Hyperion was designed to follow the epic form of John Milton’s Paradise Lost (1667). The opening is an imitation of the scene that opens Milton’s epic, describing the army of angels who have followed Satan in their rebellion against God and who have been cast down into Hell. The summoning of the Titans to a conference by Saturn is a repetition of the call by Satan. Keats’s poem strikes a new direction, however, by leaving its titular hero unfallen, awaiting the challenge from young Apollo. Yet perhaps there is an imitation here also, with some similarities between Hyperion/Apollo and Satan/Christ. Where the poem would have gone if finished cannot be known, and perhaps Keats abandoned it because he could not take it beyond Milton’s epic in a way satisfactory to Keats himself. When he returned to the subject in The Fall of Hyperion, Keats chose a new form and adopted a new style altogether, as he made himself the heroic medium for the transfiguration of Apollo into a god.

There is more to Hyperion, however, than an imitation of the narrative introduction and heroic characters found in Paradise Lost. The blank verse is “Miltonic” in its construction, using similar metric design and sentence structure. The normal subject-verb order is inverted, and the subject comes at the end of a long sentence, following a series of parallel modifying phrases. This device is a typical way to imitate the classic English epic style; thus, the poem opens in Book I with “Deep in . . ./ Far sunken from . . ./ Far from . . ./ Sat gray-hair’d Saturn.” This sentence is still not finished with the identification of its subject, for it continues with more balanced clauses for another two-and-a-half lines. The catalog of identifying features used here, and elsewhere, is representative of epic style as well.

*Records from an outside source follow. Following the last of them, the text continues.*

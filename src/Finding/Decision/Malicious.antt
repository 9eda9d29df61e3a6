-- ===== src/Finding/Decision/Malicious.antt =====
-- internal/finding/decision.go: `Decide` on assets with a finding of known malice.
use ssc_init.Base.{
  ◌≡◌, ◌≤◌, refl, sym, ◌∙◌, inl, inr, Ordering, true, false, Bool-cases, Option-cases, some, List,
  [], ◌∷◌, ◌++◌, arith, All, Any, Text, text_eq_iff, compare_text, Dict, get, put, get-put, keys,
  sort_by-Any, sort_by-All, Member, Member-left, Member-right, sorted_set-Member,
}
use ssc_init.Model.{Finding, Action, known_malicious}
use ssc_init.Finding.Rank.{verdict_rank}
use ssc_init.Finding.Rules.{Runtime, DecisionInput, Facts, facts, outranks, index_findings}
use ssc_init.Finding.Rules.Index.{get-keys}
use ssc_init.Finding.Decision.{decide_prior, decide_one, decide_all, ordered_ids, decide, confirmed}
use ssc_init.Finding.Decision.Unique.{AreKeyed, facts-AreKeyed, decide_one_names}

-- A finding of level 1 that says that the asset is known to be malicious.
abbrev pub IsMalicious : Finding → Type 0
IsMalicious x = (x.level ≡ 1) × (x.verdict ≡ known_malicious)

-- The levels of the findings about an asset start at 1.
abbrev pub HasLevels : Text → List Finding → Type 0
HasLevels id items = All (λ x. x.asset_id ≡ id → 1 ≤ x.level) items

-- Nothing takes its place.
index_findings_keeps :
    (id : Text) (d : Dict Finding) (items : List Finding) (p : Finding)
    → HasLevels id items
    → IsMalicious p
    → get id d ≡ some p
    → get id (index_findings d items) ≡ some p
unfolding index_findings
index_findings_keeps id d [] p l m h = h
index_findings_keeps id d (x ∷ rest) p l m h = elim (Bool-cases (outranks x (get x.asset_id d))) [
  | inr f ↦ rw f (index_findings_keeps id d rest p l.1 m h)
  | inl t ↦ rw t (index_findings_keeps id (put x.asset_id x d) rest p l.1 m (kept t))
]
  where
    kept : outranks x (get x.asset_id d) ≡ true → get id (put x.asset_id x d) ≡ some p
    kept t =
        unfold outranks verdict_rank in
        ground (arith, get-put x.asset_id id x d, text_eq_iff x.asset_id id, l.0)

-- The levels of what a map holds about an asset start at 1.
abbrev HasLevel : Text → Dict Finding → Type 0
HasLevel id d = (c : Finding) → get id d ≡ some c → 1 ≤ c.level

put-HasLevel :
    (id : Text) (x : Finding) (d : Dict Finding)
    → (x.asset_id ≡ id → 1 ≤ x.level)
    → HasLevel id d
    → HasLevel id (put x.asset_id x d)
put-HasLevel id x d l h c e =
    ground (arith, get-put x.asset_id id x d, text_eq_iff x.asset_id id, h c, l)

-- A malicious finding of level 1 is held, or takes the place of the one that is held.
taken :
    (x : Finding) (d : Dict Finding)
    → IsMalicious x
    → HasLevel x.asset_id d
    → outranks x (get x.asset_id d) ≡ false
    → (p : Finding) × (get x.asset_id d ≡ some p) × IsMalicious p
unfolding outranks verdict_rank
taken x d m h f = elim (Option-cases (get x.asset_id d)) [
  | inl e ↦ absurd (ground arith)
  | inr (p, e) ↦ (p, e, ground (arith, h p e))
]

index_findings_finds :
    (id : Text) (d : Dict Finding) (items : List Finding)
    → HasLevels id items
    → HasLevel id d
    → Any (λ x. (x.asset_id ≡ id) × IsMalicious x) items
    → (p : Finding) × (get id (index_findings d items) ≡ some p) × IsMalicious p
unfolding index_findings
index_findings_finds id d [] l h m = elim m [ ]
index_findings_finds id d (x ∷ rest) l h (inl (same, m)) =
    elim (Bool-cases (outranks x (get x.asset_id d))) [
      | inl t ↦ (
        x,
        rw t (
            index_findings_keeps id (put x.asset_id x d) rest x l.1 m
              (ground (arith, get-put x.asset_id id x d, text_eq_iff x.asset_id id))),
        m,
      )
      | inr f ↦
          let (p, e, q) = taken x d m (λ c e. h c (rw (← same) e)) f in
          (p, rw f (index_findings_keeps id d rest p l.1 q (rw (← same) e)), q)
    ]
index_findings_finds id d (x ∷ rest) l h (inr later) =
    elim (Bool-cases (outranks x (get x.asset_id d))) [
      | inl t ↦
          let (p, e, q) =
            index_findings_finds id (put x.asset_id x d) rest l.1 (put-HasLevel id x d l.0 h)
              later in
          (p, rw t e, q)
      | inr f ↦ let (p, e, q) = index_findings_finds id d rest l.1 h later in (p, rw f e, q)
    ]

-- The decision for an asset that is known to be malicious.
abbrev pub IsConfirmed : Finding → Type 0
IsConfirmed x = IsMalicious x × (x.action ≡ Action.advisory)

module _ (rt : Runtime) (input : DecisionInput) (id : Text) where
  decide_one_confirms :
      (f : Facts) (p : Finding)
      → get id f.existing ≡ some p
      → IsMalicious p
      → decide_one rt input f id ≡ some (confirmed p)
  unfolding decide_one decide_prior
  decide_one_confirms f p e m = rw e (ground arith)

  module _ (f : Facts) (k : AreKeyed f) (p : Finding) (e : get id f.existing ≡ some p)
      (m : IsMalicious p) where
    one-IsConfirmed :
        (other : Text) (x : Finding)
        → decide_one rt input f other ≡ some x
        → x.asset_id ≡ id
        → IsConfirmed x
    one-IsConfirmed other x h same =
        let here : other ≡ id = sym (decide_one_names rt input f other x k h) ∙ same in
        let run : decide_one rt input f id ≡ some x = rw here at h in
        ground (arith, decide_one_confirms f p e m, run)

    all-IsConfirmed :
        (ids : List Text)
        → All (λ (x : Finding). x.asset_id ≡ id → IsConfirmed x) (decide_all rt input f ids)
    unfolding decide_all
    all-IsConfirmed [] = tt
    all-IsConfirmed (other ∷ ids) = elim (Option-cases (decide_one rt input f other)) [
      | inl n ↦ rw n (all-IsConfirmed ids)
      | inr (x, h) ↦ rw h (one-IsConfirmed other x h, all-IsConfirmed ids)
    ]

    found-IsConfirmed :
        (ids : List Text)
        → Member id ids
        → Any (λ (x : Finding). (x.asset_id ≡ id) × IsConfirmed x) (decide_all rt input f ids)
    unfolding decide_all
    found-IsConfirmed [] i = elim i [ ]
    found-IsConfirmed (other ∷ ids) (inl same) =
        let run : decide_one rt input f other ≡ some (confirmed p) =
          rw (← same) (decide_one_confirms f p e m) in
        rw run (
          inl
            (decide_one_names rt input f other (confirmed p) k run ∙ sym same, ((refl, m.1), refl)))
    found-IsConfirmed (other ∷ ids) (inr i) = elim (Option-cases (decide_one rt input f other)) [
      | inl n ↦ rw n (found-IsConfirmed ids i)
      | inr (x, h) ↦ rw h (inr (found-IsConfirmed ids i))
    ]

-- If some finding of level 1 says that an asset is known to be malicious, then `Decide` returns a
-- decision for the asset, and every decision that it returns for it says so, at level 1 and as advice,
-- whatever the organization and the local policy say. The levels of the findings start at 1.
pub decide_keeps_malicious :
    (rt : Runtime) (input : DecisionInput) (id : Text)
    → HasLevels id input.findings
    → Any (λ x. (x.asset_id ≡ id) × IsMalicious x) input.findings
    → Any (λ x. (x.asset_id ≡ id) × IsConfirmed x) (decide rt input)
      × All (λ x. x.asset_id ≡ id → IsConfirmed x) (decide rt input)
unfolding decide facts ordered_ids
decide_keeps_malicious rt input id l some_malicious =
    let f = facts rt input in
    let k : AreKeyed f = facts-AreKeyed rt input in
    let (p, e, m) =
      index_findings_finds id [] input.findings l (λ c e. absurd (unfold get in cc))
        some_malicious in
    let ids = ordered_ids f in
    let by_id : Finding → Finding → Ordering = λ l r. compare_text l.id r.id in
    (
      sort_by-Any by_id (λ x. (x.asset_id ≡ id) × IsConfirmed x) (decide_all rt input f ids)
          (found-IsConfirmed rt input id f k p e m ids (held f p e)),
      sort_by-All by_id (λ x. x.asset_id ≡ id → IsConfirmed x) (decide_all rt input f ids)
          (all-IsConfirmed rt input id f k p e m ids),
    )
  where
    held : (f : Facts) (p : Finding) → get id f.existing ≡ some p → Member id (ordered_ids f)
    held f p e = sorted_set-Member id (keys f.assets ++ keys f.existing ++ keys f.local) (
        Member-left id (keys f.assets ++ keys f.existing) (keys f.local)
          (Member-right id (keys f.assets) (keys f.existing) (get-keys id f.existing p e)))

There are distinctive figures of speech, usually similes, which mark Hyperion as a poem of epic ambition. The most common kind of epic simile is the extended comparison, as when Thea is compared (or contrasted) with an Amazon in book I and when the forest where Saturn lies is compared with a meeting of a senate, also in book I.

Long set speeches, particularly in the first two books, contribute to the epic form of the poem. These occur in book III as well, but they are interrupted by exclamations and hurried expressions of surprise and recognition. The style of book III seems deliberately varied, then, to reflect the changes which are occurring in the character of Apollo as well as in the order of divine government. The poem further imitates classic epic form by setting its action throughout the cosmos, transcending human affairs, and exploring all possible realms of being. When Keats wants to suggest how far the Titans have fallen, in fact, he compares them with human beings, as in book II, when he says, “As with us mortal men,” Saturn moves with a heavy heart.

The poet’s apostrophe to the Muse to ask for inspiration is another typical device of the epic, and it is employed, with some individuality, in Hyperion to open book III: “O leave them, Muse! . . ./ Leave them, O Muse!” The poet who calls out to the muse actually is commanding rather than pleading or requesting. This aggressive and demanding attitude by the speaker as epic and prophetic poet is maintained through most of the poem, as Keats uses the privileged voice of a bard to pass judgments on his characters and to surround them with an understanding which surpasses their own—even if they are gods and he is merely human. This attitude will be more completely realized as a shaping form of the poem when it is presented as dream and vision in the later The Fall of Hyperion.